Thanks for any input,

Tom


----------



## 42Hickorysouth (Nov 24, 2008)

Tom, why not for like $100 more than the jet don't you get the 3hp Grizzly? It is an amazing saw and is well worth the extra for that much difference in power. I would suggest the G 1023 slw if you have limited amount of room in your shop as I do, you can use the added router table on a great foundation of the Grizzly. So you get a good router table and a better saw for just one bill more. Good luck in your search. Let me know how it goes. 
Darryl


----------



## 99flhr (Oct 28, 2008)

Have had the S/C shown for a year, very satisfied. Table extension install is a bit fussy but miter slot to blade is a snap. So far it has maintained all adjustments. Liked it so well that I bought the 6" S/C granite jointer. JMO


----------



## tsteahr (Dec 7, 2008)

42Hickorysouth said:


> Tom, why not for like $100 more than the jet don't you get the 3hp Grizzly?
> Darryl


Thanks for the suggestion Darryl. The Gris 1023slw looks like a nice saw, although with shipping is is really about $400 more (800 vs 1200 shipped). I have a very hard time considering Griz because my father had a Griz saw many years ago that I was not happy with. The alignment of the arbor would change depending on the blade height setting. I choose to set the saw square for cutting 3/4 material. It was out at every other setting. The fence had to be aligned square every time it was moved. You could not slide the fence, lock it down and have it be parallel with the blade. 

I'm sure the new Grizzly saws are vastly improved and nothing like that old contractor griz, but I have a very hard time considering a brand that has left a bad impression. I can't buy another Griz without actually being able to actually use one first.

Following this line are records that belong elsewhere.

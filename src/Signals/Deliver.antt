-- ===== src/Signals/Deliver.antt =====
-- kernel/signals/signal.c: queueing, delivery and return.
use model_lib.Common.{
  ℕ, zero, suc, ◌+◌, ◌<◌, ◌≤◌, ◌≡◌, ◌≢◌, ◌⊎◌, refl, sym, ap, ◌∙◌, inl, inr, Bool, true, false, not,
  ◌&&◌, Option, some, List, [], ◌∷◌, arith, if◌then◌else◌, ltb, ◌==◌, Bool-cases, length, get_or,
  set, get_or-set_self, get_or-set_ne,
}
use model_lib.Signals.{
  IsrState, Process, sig_count, due, taken, sig_queue_signal, deliver, sig_handle_pending,
  sig_return,
}

-- `k` is the first signal that is due, of the `n` from `i` on.
pub record FirstDue (p : Process) (i n k : ℕ) : Type 0 where
  pub from : i ≤ k
  pub below : k < i + n
  pub is_due : due p k ≡ true
  pub earlier : (j : ℕ) → i ≤ j → j < k → due p j ≡ false

-- None of the `n` signals from `i` on is due.
abbrev pub NoneDue : Process → (i n : ℕ) → Type 0
NoneDue p i n = (j : ℕ) → i ≤ j → j < i + n → due p j ≡ false

abbrev Outcome : Process → (i n : ℕ) → IsrState → Process × IsrState → Type 0
Outcome p i n s got =
    ((k : ℕ) × FirstDue p i n k × (got ≡ taken p k s)) ⊎ (NoneDue p i n × (got ≡ (p, s)))

deliver-Outcome : (p : Process) (n i : ℕ) (s : IsrState) → Outcome p i n s (deliver p n i s)
unfolding deliver
deliver-Outcome p zero i s = inr (λ j l m. absurd (omega arith), refl)
deliver-Outcome p (suc n) i s = elim (Bool-cases (due p i)) [
  | inl e ↦ inl (
    i,
    record {
      from = omega arith;
      below = omega arith;
      is_due = e;
      earlier = λ j l m. absurd (omega arith);
    },
    rw e refl,
  )
  | inr e ↦ elim (deliver-Outcome p n (suc i) s) [
    | inl r ↦ inl (
      r.0,
      (let f = r.1 in
          let from = f.from in
          let below = f.below in
          record {
            from = omega arith;
            below = omega arith;
            is_due = f.is_due;
            earlier = λ j l m. split j l e (λ l'. f.earlier j l' m);
          }),
      rw e r.2,
    )
    | inr r ↦ inr (λ j l m. split j l e (λ l'. r.0 j l' (omega arith)), rw e r.1)
  ]
]
  where
    at : (j : ℕ) → i ≤ j → (j ≡ i) ⊎ (suc i ≤ j)
    at j l = ground arith

    split : (j : ℕ) → i ≤ j → due p i ≡ false → (suc i ≤ j → due p j ≡ false) → due p j ≡ false
    split j l e f = elim (at j l) [ inl q ↦ rw q e | inr q ↦ f q ]

-- A call of `sig_handle_pending` is `taken` or nothing.
abbrev Takes : Process → IsrState → Option Process × IsrState → Type 0
Takes p s got =
    ((k : ℕ) × FirstDue p 0 sig_count k × (got ≡ (some (taken p k s).0, (taken p k s).1)))
    ⊎ (NoneDue p 0 sig_count × (got ≡ (some p, s)))

sig_handle_pending-Takes :
    (p : Process) (s : IsrState)
    → p.in_sig ≡ false
    → Takes p s (sig_handle_pending (some p) false s)
unfolding sig_handle_pending
sig_handle_pending-Takes p s out =
    let got = deliver p sig_count 0 s in
    let pass : Process × IsrState → Option Process × IsrState = λ g. (some g.0, g.1) in
    let by : Bool → Option Process × IsrState = λ b. if b then (some p, s) else pass got in
    elim (deliver-Outcome p sig_count 0 s) [
      | inl r ↦ inl (r.0, r.1, ap by out ∙ ap pass r.2)
      | inr r ↦ inr (r.0, ap by out ∙ ap pass r.1)
    ]

-- Signal `j` is not pending, or it has no handler.
abbrev pub Quiet : Process → ℕ → Type 0
Quiet p j = (get_or p.pending_signals j false ≡ false) ⊎ (get_or p.sig_handlers j 0 ≡ 0)

-- From `p` with registers `s`, the handler of signal `k` is entered: `q` and `t` are then the process
-- and its registers.
pub record Enters (p : Process) (s : IsrState) (k : ℕ) (q : Process) (t : IsrState) : Type 0 where
  pub pending : get_or p.pending_signals k false ≡ true
  pub handler : get_or p.sig_handlers k 0 ≢ 0
  pub earlier : (j : ℕ) → j < k → Quiet p j
  pub cleared : get_or q.pending_signals k false ≡ false
  pub others : (j : ℕ) → j ≢ k → get_or q.pending_signals j false ≡ get_or p.pending_signals j false
  pub handlers : q.sig_handlers ≡ p.sig_handlers
  pub saved : q.sig_return_state ≡ s
  pub inside : q.in_sig ≡ true
  pub jumps : t ≡ record s { eip = get_or p.sig_handlers k 0 }

-- What `sig_handle_pending` makes of the process and its registers.
abbrev pub Handles : Process → IsrState → Option Process × IsrState → Type 0
Handles p s got =
    ((k : ℕ) × (q : Process) × (t : IsrState) × (k < sig_count)
      × (got ≡ (some q, t))
      × Enters p s k q t)
    ⊎ (((j : ℕ) → j < sig_count → Quiet p j) × (got ≡ (some p, s)))

due_parts :
    (p : Process) (k : ℕ)
    → due p k ≡ true
    → (get_or p.pending_signals k false ≡ true) × (get_or p.sig_handlers k 0 ≢ 0)
due_parts p k h = elim (Bool-cases (get_or p.pending_signals k false)) [
  | inl e ↦ (e, λ z. absurd (ground (arith, h, z)))
  | inr e ↦ absurd (ground (arith, h, e))
]

not_due-Quiet : (p : Process) (j : ℕ) → due p j ≡ false → Quiet p j
not_due-Quiet p j h = elim (Bool-cases (get_or p.pending_signals j false)) [
  | inl e ↦ inr (ground (arith, h, e))
  | inr e ↦ inl e
]

set-false : (l : List Bool) (k : ℕ) → get_or (set l k false) k false ≡ false
set-false [] k = refl
set-false (x ∷ l) zero = refl
set-false (x ∷ l) (suc k) = set-false l k

-- For a process other than the kernel's that is in no handler, `sig_handle_pending` takes the first
-- signal that is pending and has a handler: it clears the mark of this one and no other, saves the
-- registers, notes that a handler runs, and continues at the handler of this signal with all other
-- registers as they are. Without such a signal it changes nothing.
pub sig_handle_pending-Handles :
    (p : Process) (s : IsrState)
    → p.in_sig ≡ false
    → Handles p s (sig_handle_pending (some p) false s)
sig_handle_pending-Handles p s out = elim (sig_handle_pending-Takes p s out) [
  | inl (k, first, got) ↦
      let parts = due_parts p k first.is_due in
      inl (
        k,
        (taken p k s).0,
        (taken p k s).1,
        omega (arith, first.below),
        got,
        record {
          pending = parts.0;
          handler = parts.1;
          earlier = λ j l. not_due-Quiet p j (first.earlier j (omega arith) l);
          cleared = set-false p.pending_signals k;
          others = λ j ne. get_or-set_ne p.pending_signals k j false false (λ e. ne (sym e));
          handlers = refl;
          saved = refl;
          inside = refl;
          jumps = refl;
        },
      )
  | inr (none_due, got) ↦
      inr (λ j l. not_due-Quiet p j (none_due j (omega arith) (omega arith)), got)
]

-- For a process other than the kernel's that is in no handler, and with a signal pending that has a
-- handler: once `sig_handle_pending` has entered a handler, `sig_return` ends in the registers from
-- before, whatever the handler left in them, and the process is in no handler again.
pub return_after_handler :
    (p : Process) (s u : IsrState) (j : ℕ)
    → p.in_sig ≡ false
    → j < sig_count
    → due p j ≡ true
    → (q : Process) × (t : IsrState) × (r : Process) × (sig_handle_pending (some p) false s
        ≡ (some q, t))
      × (sig_return q u ≡ some (r, s))
      × (r.in_sig ≡ false)
unfolding sig_return
return_after_handler p s u j out small d = elim (sig_handle_pending-Takes p s out) [
  | inl h ↦ (
    (taken p h.0 s).0,
    (taken p h.0 s).1,
    record (taken p h.0 s).0 { in_sig = false },
    h.2,
    refl,
    refl,
  )
  | inr h ↦ absurd (no_both (due p j) d (h.0 j (omega arith) (omega arith)))
]
  where
    no_both : (b : Bool) → b ≡ true → b ≡ false → ⊥
    no_both b x y = ground arith

-- What `sig_queue_signal` makes of a signal: one with a handler is due afterwards, and the other
-- signals stay as they are; one without is refused.
abbrev pub Queues : Process → ℕ → Option (Bool × Option Process) → Type 0
Queues p i got =
    ((get_or p.sig_handlers i 0 ≢ 0)
      × (q : Process) × (got ≡ some (true, some q))
      × (due q i ≡ true)
      × (q.in_sig ≡ p.in_sig)
      × ((j : ℕ) → i ≢ j → due q j ≡ due p j))
    ⊎ ((get_or p.sig_handlers i 0 ≡ 0) × (got ≡ some (false, some p)))

-- `sig_queue_signal` of a process and a signal number from 1 to SIG_COUNT makes the signal due if it
-- has a handler, leaves the other signals and the handler state alone, and returns true; without a
-- handler it returns false and changes nothing.
pub sig_queue_signal-Queues :
    (p : Process) (i : ℕ)
    → length p.pending_signals ≡ sig_count
    → i < sig_count
    → Queues p i (sig_queue_signal (some p) (suc i))
unfolding sig_queue_signal
sig_queue_signal-Queues p i size h =
    let ok : ltb i sig_count ≡ true = ground arith in
    elim (Bool-cases (get_or p.sig_handlers i 0 == 0)) [
      | inl e ↦ inr (ground (arith, e), rw (ok, e) refl)
      | inr e ↦ inl (
        ground (arith, e),
        record p { pending_signals = set p.pending_signals i true },
        rw (ok, e) refl,
        rw (get_or-set_self p.pending_signals i true false (omega (arith, size)), e) refl,
        refl,
        λ j ne.
            ap (λ b. b && not (get_or p.sig_handlers j 0 == 0))
              (get_or-set_ne p.pending_signals i j true false ne),
      )
    ]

So unfortunatly Griz is out. I'll consider anything else but griz.


----------



## musky_xl (Nov 30, 2008)

Have you looked at the Rigid saw? I believe its the 3650 or 3660(?). 

A friend of mine has one... the table is absolutely flat and the fence is straight. He has had no problems with it bogging down under load and for the money I would say its a very good deal.


And if you're one that needs the latest fad...one has a granite table top


----------



## johnep (Apr 12, 2007)

We had a distinguished lady poster NL who praised SC on this forum
johnep


----------



## knotscott (Nov 8, 2007)

Hi Tom - I think those are both excellent hybrid choices, and both offer several advantages over a more traditional contractor saw design. If you have 220v, the step up to a cabinet saw offers even more advantages yet, but the hybrids address the vast majority of the common complaints with contractor saws. Both of those hybrids have been highly rated by owners and reviewers, and there are undoubtedly some pros and cons with both. Ultimately both saws should serve you very well once set up correctly and equipped with a good blade. 

The Industrial fence of the SC gets rave comments from owners, but I've read at least one review where the Jet's fence rated very highly as well. 

The SC has a big advantage in weight (440# vs 292#), which will give it more stability and more of the feel of a cabinet saw. The SC includes an extension table on the right side which is nice, and allows you to slide the fence a bit further to the right for more rip capacity. 

The SC also has the benefit of cabinet mounted trunnions...they add a lot of mass and are much easier to reach and adjust. The Jet uses table mounted trunnions vs the cabinet mounted but they feature a more elegant one-piece cast arbor carriage vs the connecting rods used by the SC. The connecting rods don't seem to be as important in a hybrid configuration as they are in a contractor saw because the motor location (inside) doesn't put as much lateral stress on the rods as the exterior location of a contractor saw. (can't help but wonder if the rods were twisted on your father's Grizzly contractor saw, as that's not an unusual problem for contractor saws with connecting rods). The hybrids don't seem to suffer the same problems, and the industrial style cabinet saws definitely don't. 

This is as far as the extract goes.